# Pets



## DanWatson3 (Sep 12, 2013)

Evening everyone,

My wife and I poked our heads into a pet store this afternoon whilst out. She is now nagging me to buy one of these teacup chihuahua dogs, the guy in the store said it would cost me 10000AED......for a dog! 

Can anyone tell me whether this is the standard price for one of these little things over here? Is there a better place to go and as we are new to Dubai are there any rules and regulations we need to be aware of to keep a pet.

Thank you for any advice you can give

Dan


----------



## xxxxxxxxxxxxxxxxxStewartC (Mar 3, 2012)

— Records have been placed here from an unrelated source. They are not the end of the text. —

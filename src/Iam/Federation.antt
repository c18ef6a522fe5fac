-- ===== src/Iam/Federation.antt =====
-- Trust in SAML and OIDC providers: crates/activable-iam-engine/src/federation.rs. The text-to-value
-- step, `serde_json::from_str`, is a parameter.
pub mod Extracted
pub mod Weak
use activable_cloud.Prelude.{
  Bool, true, false, not, ◌&&◌, ◌||◌, List, [], ◌∷◌, ◌++◌, map, Option, none, some, Text, codes,
  text_eq, to_lowercase, is_empty, any, flat_map, keep, if◌then◌else◌,
}
use activable_cloud.Prelude.Errors.{Result, ok, err, ◌>>=◌, ok_or, map_err}
use activable_cloud.Prelude.Options
use activable_cloud.Prelude.Split.{contains_text}
use activable_cloud.Json.{
  Value, null, boolean, number, string, array, object, Items, nil, cons, Fields, end, field,
  as_object, as_array, as_str, get, extract_string_or_array,
}

pub data FederationProviderType : Type 0 where
  saml oidc : FederationProviderType

pub record FederationCondition : Type 0 where
  pub condition_key : Text
  pub operator : Text
  pub values : List Text

pub data FederationWeakness : Type 0 where
  missing_audience missing_subject missing_audience_and_subject wildcard_principal no_conditions :
      FederationWeakness

pub record FederationTrust : Type 0 where
  pub provider_arn : Text
  pub provider_type : FederationProviderType
  pub role_arn : Text
  pub conditions : List FederationCondition
  pub weakness : Option FederationWeakness

abbrev pub is_federation_principal : Text → Bool
is_federation_principal s =
    contains_text s (codes "saml-provider") || contains_text s (codes "oidc-provider")

-- The two vectors that are pushed to.
abbrev pub Categorized : Type 0
Categorized = List Text × List Text

unfoldable pub categorize_federation_principal : Text → Categorized → Categorized
categorize_federation_principal principal (saml_principals, oidc_principals) =
    if contains_text principal (codes "saml-provider")
    then (saml_principals ++ principal ∷ [], oidc_principals)
    else if contains_text principal (codes "oidc-provider")
    then (saml_principals, oidc_principals ++ principal ∷ [])
    else (saml_principals, oidc_principals)

-- The loop over the strings of the `Federated` key.
abbrev pub categorize_all : List Text → Categorized → Categorized
categorize_all [] found = found
categorize_all (principal ∷ rest) found =
    categorize_all rest (categorize_federation_principal principal found)

-- The loop over an array: strings that are no federation principals are skipped.
abbrev pub categorize_items : Items → Categorized → Categorized
categorize_items nil found = found
categorize_items (cons (string s) rest) found =
    categorize_items rest
      (if is_federation_principal s then categorize_federation_principal s found else found)
categorize_items (cons _ rest) found = categorize_items rest found

-- What the `Federated` key of an object gives.
abbrev pub federated_principals : Option Value → Categorized
federated_principals none = ([], [])
federated_principals (some federated) = categorize_all (extract_string_or_array federated) ([], [])

unfoldable pub extract_federation_principals : Value → Result Text Categorized
unfolding categorize_federation_principal
extract_federation_principals (string s) =
    ok (if is_federation_principal s then categorize_federation_principal s ([], []) else ([], []))
extract_federation_principals (object obj) = ok (federated_principals (get (codes "Federated") obj))
extract_federation_principals (array items) = ok (categorize_items items ([], []))
extract_federation_principals _ = ok ([], [])

abbrev pub is_federation_condition_key : Text → Bool
is_federation_condition_key key =
    contains_text key (codes "SAML:")
    || contains_text key (codes ":aud")
    || contains_text key (codes ":sub")
    || contains_text key (codes ":oid")

-- The loop over the keys under one operator.
abbrev pub conditions_of : Text → Fields → List FederationCondition
conditions_of operator end = []
conditions_of operator (field key value rest) =
    let later = conditions_of operator rest in
    let values = extract_string_or_array value in
    if is_federation_condition_key key && not (is_empty values)
    then record { condition_key = key; operator = operator; values = values } ∷ later
    else later

unfoldable pub extract_federation_conditions : Fields → List FederationCondition
extract_federation_conditions end = []
extract_federation_conditions (field operator value rest) = elim (as_object value) [
  | none ↦ extract_federation_conditions rest
  | some obj ↦ conditions_of operator obj ++ extract_federation_conditions rest
]

abbrev pub names_audience : FederationCondition → Bool
names_audience c =
    contains_text (to_lowercase c.condition_key) (codes ":aud")
    || contains_text (to_lowercase c.condition_key) (codes ":audience")

abbrev pub names_subject : FederationCondition → Bool
names_subject c =
    contains_text (to_lowercase c.condition_key) (codes ":sub")
    || contains_text (to_lowercase c.condition_key) (codes ":namequalifier")

unfoldable pub detect_weakness :
    List FederationCondition → FederationProviderType → Option FederationWeakness
detect_weakness conditions provider_type =
    let has_audience = any names_audience conditions in
    let has_subject = any names_subject conditions in
    if is_empty conditions
    then some no_conditions
    else if has_audience
    then (if has_subject then none else some missing_subject)
    else if has_subject
    then some missing_audience
    else some missing_audience_and_subject

-- What is pushed for each principal.
abbrev pub trust_of :
    FederationProviderType → Text → List FederationCondition → Text → FederationTrust
trust_of provider_type role_arn conditions principal_arn = record {
  provider_arn = principal_arn;
  provider_type = provider_type;
  role_arn = role_arn;
  conditions = conditions;
  weakness = detect_weakness conditions provider_type;
}

-- The conditions of a statement, none when there is no object of them.
abbrev pub statement_conditions : Fields → List FederationCondition
statement_conditions stmt = elim (Options.◌>>=◌ (get (codes "Condition") stmt) as_object) [
  | none ↦ []
  | some obj ↦ extract_federation_conditions obj
]

-- `Effect`, which is "Allow" when there is no string.
abbrev pub statement_effect : Fields → Text
statement_effect stmt = elim (Options.◌>>=◌ (get (codes "Effect") stmt) as_str) [
  | none ↦ codes "Allow"
  | some effect ↦ effect
]

-- The trusts of a statement's `Principal`: the SAML ones first.
abbrev pub principal_trusts :
    Text → List FederationCondition → Option Value → Result Text (List FederationTrust)
principal_trusts role_arn conditions none = ok []
principal_trusts role_arn conditions (some principal_value) = do
  (saml_principals, oidc_principals) ← extract_federation_principals principal_value
  ok (
      map (trust_of saml role_arn conditions) saml_principals
      ++ map (trust_of oidc role_arn conditions) oidc_principals)

-- A round of the loop over the statements.
unfoldable pub statement_trusts : Text → Fields → Result Text (List FederationTrust)
unfolding extract_federation_principals extract_federation_conditions detect_weakness
statement_trusts role_arn stmt =
    if not (text_eq (statement_effect stmt) (codes "Allow"))
    then ok []
    else principal_trusts role_arn (statement_conditions stmt) (get (codes "Principal") stmt)

unfoldable pub extract_statements : Text → Items → Result Text (List FederationTrust)
unfolding statement_trusts
extract_statements role_arn nil = ok []
extract_statements role_arn (cons stmt rest) = do
  stmt_obj ← ok_or (as_object stmt) (codes "Statement must be an object")
  trusts ← statement_trusts role_arn stmt_obj
  later ← extract_statements role_arn rest
  ok (trusts ++ later)

unfoldable pub extract_federation_trusts :
    (Text → Result Text Value) → Text → Text → Result Text (List FederationTrust)
unfolding extract_statements
extract_federation_trusts from_str trust_policy_json role_arn = do
  policy_value ← map_err (λ e. codes "JSON parse error: " ++ e) (from_str trust_policy_json)
  policy_obj ← ok_or (as_object policy_value) (codes "Trust policy must be a JSON object")
  statements ←
      ok_or (Options.◌>>=◌ (get (codes "Statement") policy_obj) as_array)
        (codes "Statement array not found in trust policy")
  extract_statements role_arn statements

-- `is_some`.
abbrev pub is_some : Option FederationWeakness → Bool
is_some none = false
is_some (some weakness) = true

abbrev pub is_weak : FederationTrust → Bool
is_weak trust = is_some trust.weakness

-- The pairs of a role's ARN and its trust policy.
unfoldable pub find_weak_federation_trusts :
    (Text → Result Text Value) → List (Text × Text) → Result Text (List FederationTrust)
unfolding extract_federation_trusts
find_weak_federation_trusts from_str [] = ok []
find_weak_federation_trusts from_str ((role_arn, policy_json) ∷ rest) = do
  trusts ← extract_federation_trusts from_str policy_json role_arn
  later ← find_weak_federation_trusts from_str rest
  ok (keep is_weak trusts ++ later)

Poor little dog was probably raised in a cruel puppy mill. There are lots of lovely dogs and cats that need to be adopted here. There's nothing more rewarding than looking after a rescued pet.


----------



## MaidenScotland (Jun 6, 2009)

Hi

Firstly as someone who is involved with animal welfare in Egypt can I say please under no circumstances ever buy a pet from a shop as they are puppy farmed.
There are plenty of rescue organisations in Dubai who would love to have one of their animals adopted. 
Planning ahead is a must.. it takes about 4 months to get any animal ready to go back to the UK. .


----------



## saraswat (Apr 28, 2012)

Have a look at this thread:

http://www.expatforum.com/expats/sandpit/138689-urgent-plea-foster-homes.html

While it says foster homes, the organizations it mentions are open to adoption ...


----------



## mehranR (Jul 27, 2013)

The teacup price is usually twice to three times the regular breed. I agree and disagree with above posters. Adoption should be your first choice, but if your wife loves the breed you should buy what she likes. The worst thing that can happen is to have an unhappy wife and a puppy with severe psychological problems.


----------



## DanWatson3 (Sep 12, 2013)

saraswat said:


> Have a look at this thread:
> 
> http://www.expatforum.com/expats/sandpit/138689-urgent-plea-foster-homes.html
> 
> While it says foster homes, the organizations it mentions are open to adoption ...


Thanks Saraswat, 

As you may be able to tell we are both pretty new to Dubai, so I wasn't aware of the rescue centres. I will look into that option too.


----------



## DanWatson3 (Sep 12, 2013)

mehranR said:


> The teacup price is usually twice to three times the regular breed. I agree and disagree with above posters. Adoption should be your first choice, but if your wife loves the breed you should buy what she likes. The worst thing that can happen is to have an unhappy wife and a puppy with severe psychological problems.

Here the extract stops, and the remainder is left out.